Eastwood borrowed money to pay for Sarah's education and Sarah promised to pay him back
when she came of age and paid one year's interest to him. Sarah then married Kenyon who
also promised to pay Eastwood back. Kenyon failed to do so and Eastwood sued. Kenyon
said that he will pay the money after he got a child from Sarah.

ISSUE: Is a promise sufficient to form a contract?

DECISION: No contract was found to have existed. Consideration made in the past is no
consideration at all.

REASONS: The court found that on the facts there was nothing more than a benefit
voluntarily conferred by Eastwood and an express promise made by Kenyon to repay the
money. Kenyon promised to pay the promissory note, but Eastwood gives nothing back but a
thank you. How can doing something in the past affect a current promise? Taking care of
Sarah was not done at Kenyon’s request, it simply couldn’t be. There is no link. Note
however that if Eastwood sued Sarah, that would be enforceable because she reaffirmed the
contract after she became an adult, as an exception to the common law rule of infant
contracts.
CASE 4 :
Lampleigh v Brathwait (1615), Hobart 105, 80 E.R. 255 (K.B.)

RATIO: A promise made after performance can be enforced, only if it was understood by the
parties that there will have some kind of reward prior the performance (contract quantum
meruit – a reasonable amount). To be enforceable, (1) the act performed must have be at the
request of the promisor, (2) it must be understood that payment would be made, and (3) if
payment, promised in advance, would have been enforceable (i.e. the contract can not be
illegal).

FACTS: Brathwait killed a man and then requested Lampleigh seek a pardon for this crime
from the King. Lampleigh rode around the country to obtain this pardon, after which
Brathwait promised to pay Lampleigh £100.

ISSUE: Can a promise to pay after a request has been fulfilled be binding?

DECISION: Binding contract found, judgment for the plaintiff.


REASONS: It was only after Lampleigh returned that Brathwait promised to pay. Is this
past consideration?
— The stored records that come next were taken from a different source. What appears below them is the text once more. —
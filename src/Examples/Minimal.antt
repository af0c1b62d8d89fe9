-- ===== src/Examples/Minimal.antt =====
-- A minimal spec, as `NewSpec` makes it.
use lxcri.Base.{◌≡◌, refl, some, [], ◌∷◌, ◌++◌, ok}
use lxcri.Base.Host.{set_config_item}
use lxcri.Namespaces.{configure_namespaces}
use lxcri.Oci.{Linux}
use lxcri.Runtime.Check.{check_config}
use lxcri.Specki.Devices.{essential_devices_allow, allow_essential_devices}
use lxcri.Specki.NewSpec.{new_spec, bind_mount, new_spec_complete}
use lxcri.Examples.{sample, sample-IsCompliant}

new_spec_complete_example :
    (check_config sample "c1" (new_spec "1.0.2" "/rootfs" "/bin/sh" ("-c" ∷ [])) []
      ≡ (ok (new_spec "1.0.2" "/rootfs" "/bin/sh" ("-c" ∷ [])), []))
    × ((linux : Linux) × ((new_spec "1.0.2" "/rootfs" "/bin/sh" ("-c" ∷ [])).linux ≡ some linux)
        × (configure_namespaces sample linux.namespaces []
            ≡ (ok tt, set_config_item "lxc.namespace.clone" "pid mnt ipc uts cgroup net" ∷ []))
        × (allow_essential_devices linux.devices linux.device_rules
            ≡ ok (linux.devices, essential_devices_allow ++ essential_devices_allow)))
new_spec_complete_example =
    new_spec_complete sample "1.0.2" "/rootfs" "/bin/sh" "c1" ("-c" ∷ []) [] (λ e. cc) (λ e. cc)
      sample-IsCompliant

bind_mount_test :
    (bind_mount "/a" "/b" ("ro" ∷ [])).options
    ≡ "bind" ∷ "nosuid" ∷ "nodev" ∷ "relatime" ∷ "ro" ∷ []
unfolding bind_mount
bind_mount_test = refl
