-- ===== src/Init.antt =====
-- cmd/lxcri-init/main.go: the init process, from its state file to execve(2). What exec.LookPath and
-- user.Lookup find are parameters.
pub mod Main
use lxcri.Base.{
  String, ◌≡◌, sym, ◌∙◌, ap, Bool, false, ◌&&◌, Option, none, some, List, [], ◌∷◌, ◌++◌,
  append_assoc, ◌==◌, ◌<>◌, eqb, if◌then◌else◌, failed, wrapped, nil_dereference, Result, ok, err,
}
use lxcri.Base.Host.{
  Host, M, History, FileInfo, set_env, change_dir, open_read, close_file, unmount, exec, perform,
  return, lift, query, query_result, with_error, attempt, >>=-eq-ok, ◌>>=◌, ◌>>◌,
}
use lxcri.Base.FilePath.{join_path}
use lxcri.Oci.{Process, Hook, Hooks}
use lxcri.Specki.Env.{getenv}
use lxcri.Base.Calls.{Accepted, then-Does, perform-Does, wrapped-Does}
use lxcri.Hooks.{run_hooks}

-- The command of a process; an empty list of arguments is an index error in Go.
abbrev first_arg : List String → Result String
first_arg [] = err nil_dereference
first_arg (arg ∷ args) = ok arg

abbrev start_hooks : Option Hooks → Result (List Hook)
start_hooks none = err nil_dereference
start_hooks (some hooks) = ok hooks.start_container

module _ (h : Host) where
  abbrev is_directory : Result FileInfo → Bool
  is_directory (ok info) = info.is_dir
  is_directory (err e) = false

  -- `addEnvHome`, with the home directory that user.Lookup finds for a user name
  unfoldable pub home_of : (String → Option String) → Process → History → String
  home_of lookup p w = of_user (if p.user.username == "" then none else lookup p.user.username)
    where
      fallback : String
      fallback = if eqb p.user.uid 0 && is_directory (h.stat w "/root") then "/root" else p.cwd

      of_user : Option String → String
      of_user none = fallback
      of_user (some home) = if home == "" then fallback else home

  -- The environment with HOME
  unfoldable pub with_home : (String → Option String) → Process → History → List String
  with_home lookup p w = add (getenv p.env "HOME")
    where
      add : Option String → List String
      add (some home) = p.env
      add none = p.env ++ (("HOME=" <> home_of lookup p w) ∷ [])

  -- The command as it is executed: looked up if the environment has a PATH
  unfoldable pub command_path :
      (History → String → Result String) → Option String → String → M String
  command_path look_path none cmd = return cmd
  command_path look_path (some val) cmd = do
    with_error (λ e. failed "failed to set PATH environment variable")
        (perform h (set_env "PATH" val))
    with_error (wrapped ("lookup path for " <> cmd <> " failed"))
        (query_result (λ w. look_path w cmd))

  -- `readSyncfifo`
  unfoldable pub read_syncfifo : String → M (Unit {0})
  read_syncfifo filename = do
    with_error (wrapped ("failed to open " <> filename)) (perform h (open_read filename))
    perform h (close_file filename)

  -- The end of `doInit`. What execve(2) returns is dropped: the error tested is an older one.
  unfoldable pub unmount_and_exec : String → Process → List String → M (Unit {0})
  unmount_and_exec cmd_path p env = do
    init ← attempt (perform h (unmount "/.lxcri/lxcri-init"))
    dir ← attempt (perform h (unmount "/.lxcri"))
    executed ← attempt (perform h (exec cmd_path p.args env))
    return tt

  -- `doInit`, with the outcome of reading state.json
  unfoldable pub do_init :
      (History → String → Result String)
      → (String → Option String)
      → Result (Unit {0})
      → String
      → Process
      → Option Hooks
      → M (Unit {0})
  do_init look_path lookup state_json runtime_dir p hooks = do
    with_error (λ e. failed "failed to read spec") (lift state_json)
    cmd ← lift (first_arg p.args)
    cmd_path ← command_path look_path (getenv p.env "PATH") cmd
    env ← query (with_home lookup p)
    with_error (wrapped ("failed to change cwd to " <> p.cwd)) (perform h (change_dir p.cwd))
    read_syncfifo (join_path (runtime_dir ∷ "syncfifo" ∷ []))
    to_run ← lift (start_hooks hooks)
    run_hooks h false to_run
    unmount_and_exec cmd_path p env

unmount_and_exec_lem :
    (h : Host) (cmd_path : String) (p : Process) (env : List String) (w : History)
    → unmount_and_exec h cmd_path p env w ≡ (
      ok tt,
      w ++ (unmount "/.lxcri/lxcri-init" ∷ unmount "/.lxcri" ∷ exec cmd_path p.args env ∷ []),
    )
unfolding unmount_and_exec
unmount_and_exec_lem h cmd_path p env w = ap (λ v. (ok tt, v)) (simp append_assoc)

-- What `doInit` has done when it returns no error: the hooks `to_run` of the container ran one after
-- the other without an error, behind the sync fifo, which was opened and closed without an error; then the two
-- mounts were given up and the process was executed.
abbrev pub HasExecuted : Host → String → Process → Option Hooks → History → Type 0
HasExecuted h runtime_dir p hooks w' =
    let path = join_path (runtime_dir ∷ "syncfifo" ∷ []) in
    let fifo = open_read path ∷ (close_file path ∷ []) in
    (to_run : List Hook) × (cmd_path : String) × (env : List String) × (u v : History)
    × (start_hooks hooks ≡ ok to_run)
    × Accepted h u fifo
    × (run_hooks h false to_run (u ++ fifo) ≡ (ok tt, v))
    × (w' ≡ v ++ (unmount "/.lxcri/lxcri-init" ∷ unmount "/.lxcri" ∷ exec cmd_path p.args env ∷ []))

-- If `doInit` returns without an error, it has got as far as execve(2), by the way of `HasExecuted`.
-- Nothing is said of what execve(2) answered: an error of it is not returned.
pub do_init_sound :
    (h : Host) (look_path : History → String → Result String) (lookup : String → Option String)
    (state_json : Result (Unit {0})) (runtime_dir : String) (p : Process) (hooks : Option Hooks)
    (w w' : History)
    → do_init h look_path lookup state_json runtime_dir p hooks w ≡ (ok tt, w')
    → HasExecuted h runtime_dir p hooks w'
unfolding do_init read_syncfifo
do_init_sound h look_path lookup state_json runtime_dir p hooks w w' e =
    let fifo_path = join_path (runtime_dir ∷ "syncfifo" ∷ []) in
    let finish : String → List String → M (Unit {0}) =
      λ cmd_path env. unmount_and_exec h cmd_path p env in
    let hooked : String → List String → List Hook → M (Unit {0}) =
      λ cmd_path env to_run. run_hooks h false to_run >> finish cmd_path env in
    let listed : String → List String → M (Unit {0}) =
      λ cmd_path env. lift (start_hooks hooks) >>= hooked cmd_path env in
    let unblocked : String → List String → M (Unit {0}) =
      λ cmd_path env. read_syncfifo h fifo_path >> listed cmd_path env in
    let cwd =
      with_error (wrapped ("failed to change cwd to " <> p.cwd)) (perform h (change_dir p.cwd)) in
    let moved : String → List String → M (Unit {0}) =
      λ cmd_path env. cwd >> unblocked cmd_path env in
    let homed : String → M (Unit {0}) =
      λ cmd_path. query (with_home h lookup p) >>= moved cmd_path in
    let found : String → M (Unit {0}) =
      λ cmd. command_path h look_path (getenv p.env "PATH") cmd >>= homed in
    let read_state = with_error (λ e. failed "failed to read spec") (lift state_json) in
    let (_, w₁, _, e₁) = >>=-eq-ok read_state (λ _. lift (first_arg p.args) >>= found) w e in
    let (cmd, w₂, _, e₂) = >>=-eq-ok (lift (first_arg p.args)) found w₁ e₁ in
    let (cmd_path, w₃, _, e₃) =
      >>=-eq-ok (command_path h look_path (getenv p.env "PATH") cmd) homed w₂ e₂ in
    let (env, w₄, _, e₄) = >>=-eq-ok (query (with_home h lookup p)) (moved cmd_path) w₃ e₃ in
    let (_, w₅, _, e₅) = >>=-eq-ok cwd (λ _. unblocked cmd_path env) w₄ e₄ in
    let (_, w₆, opened, e₆) =
      >>=-eq-ok (read_syncfifo h fifo_path) (λ _. listed cmd_path env) w₅ e₅ in
    let (to_run, w₇, known, e₇) =
      >>=-eq-ok (lift (start_hooks hooks)) (hooked cmd_path env) w₆ e₆ in
    let (_, v, ran, e₈) = >>=-eq-ok (run_hooks h false to_run) (λ _. finish cmd_path env) w₇ e₇ in
    let opening : M (Unit {0}) =
      with_error (wrapped ("failed to open " <> fifo_path)) (perform h (open_read fifo_path)) in
    let close : M (Unit {0}) = perform h (close_file fifo_path) in
    let (_, u, open_done, closed) = >>=-eq-ok opening (λ _. close) w₅ opened in
    let (accepted, grown) =
      then-Does h w₅ u w₆ (open_read fifo_path ∷ []) (close_file fifo_path ∷ [])
        (wrapped-Does h (wrapped ("failed to open " <> fifo_path)) _ w₅ u open_done)
        (perform-Does h _ u w₆ closed) in
    let same : w₇ ≡ w₅ ++ (open_read fifo_path ∷ (close_file fifo_path ∷ [])) =
      ap (λ r. r.1) (sym known) ∙ grown in
    (
      to_run,
      cmd_path,
      env,
      w₅,
      v,
      ap (λ r. r.0) known,
      accepted,
      ap (run_hooks h false to_run) (sym same) ∙ ran,
      ap (λ r. r.1) (sym e₈ ∙ unmount_and_exec_lem h cmd_path p env v),
    )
Even though the official promise to pay came second, that does not
matter because there is an implied promise of reasonable pay. The court held that while a
mere voluntary promise is not sufficient consideration, there was a prior request and then the
promise to pay. This is then not a nudum pactum, but rather coupled with the prior request
and therefore a binding contract.
CASE 5:
Thomas v Thomas (1842), 2 Q.B. 851, 114 E.R. 330
FACTS: Executors of deceased's estate allowed his widow to live in one of his houses as
long as she remained a widow, in consideration of the testator's wishes (not explicitly in the
will or in contractual form). Subject to the widow paying $1 annually as ground rent and
keeping the house in tenantable repair. An action for ejectment was then brought by one of
the executors.
ISSUE: Was there consideration?
DECISION: Consideration - and therefore a contract was made. Mere motive need not be
stated and we are not obliged to look for the legal consideration in any particular part of the
instrument, we may look to any part.
REASONS: The issue is that the widow was gifted the ability to live in the house, with the
ability of revocation. For non revocation of a gift, there must be an intention to donate, an
acceptance of the gift, and a sufficient act of delivery. The Plaintiff is saying that the payment
of money is just the burden of a revocable gift, and not consideration. In this case, the court
says we do not know what the lease says, so it is not a gift with a burden.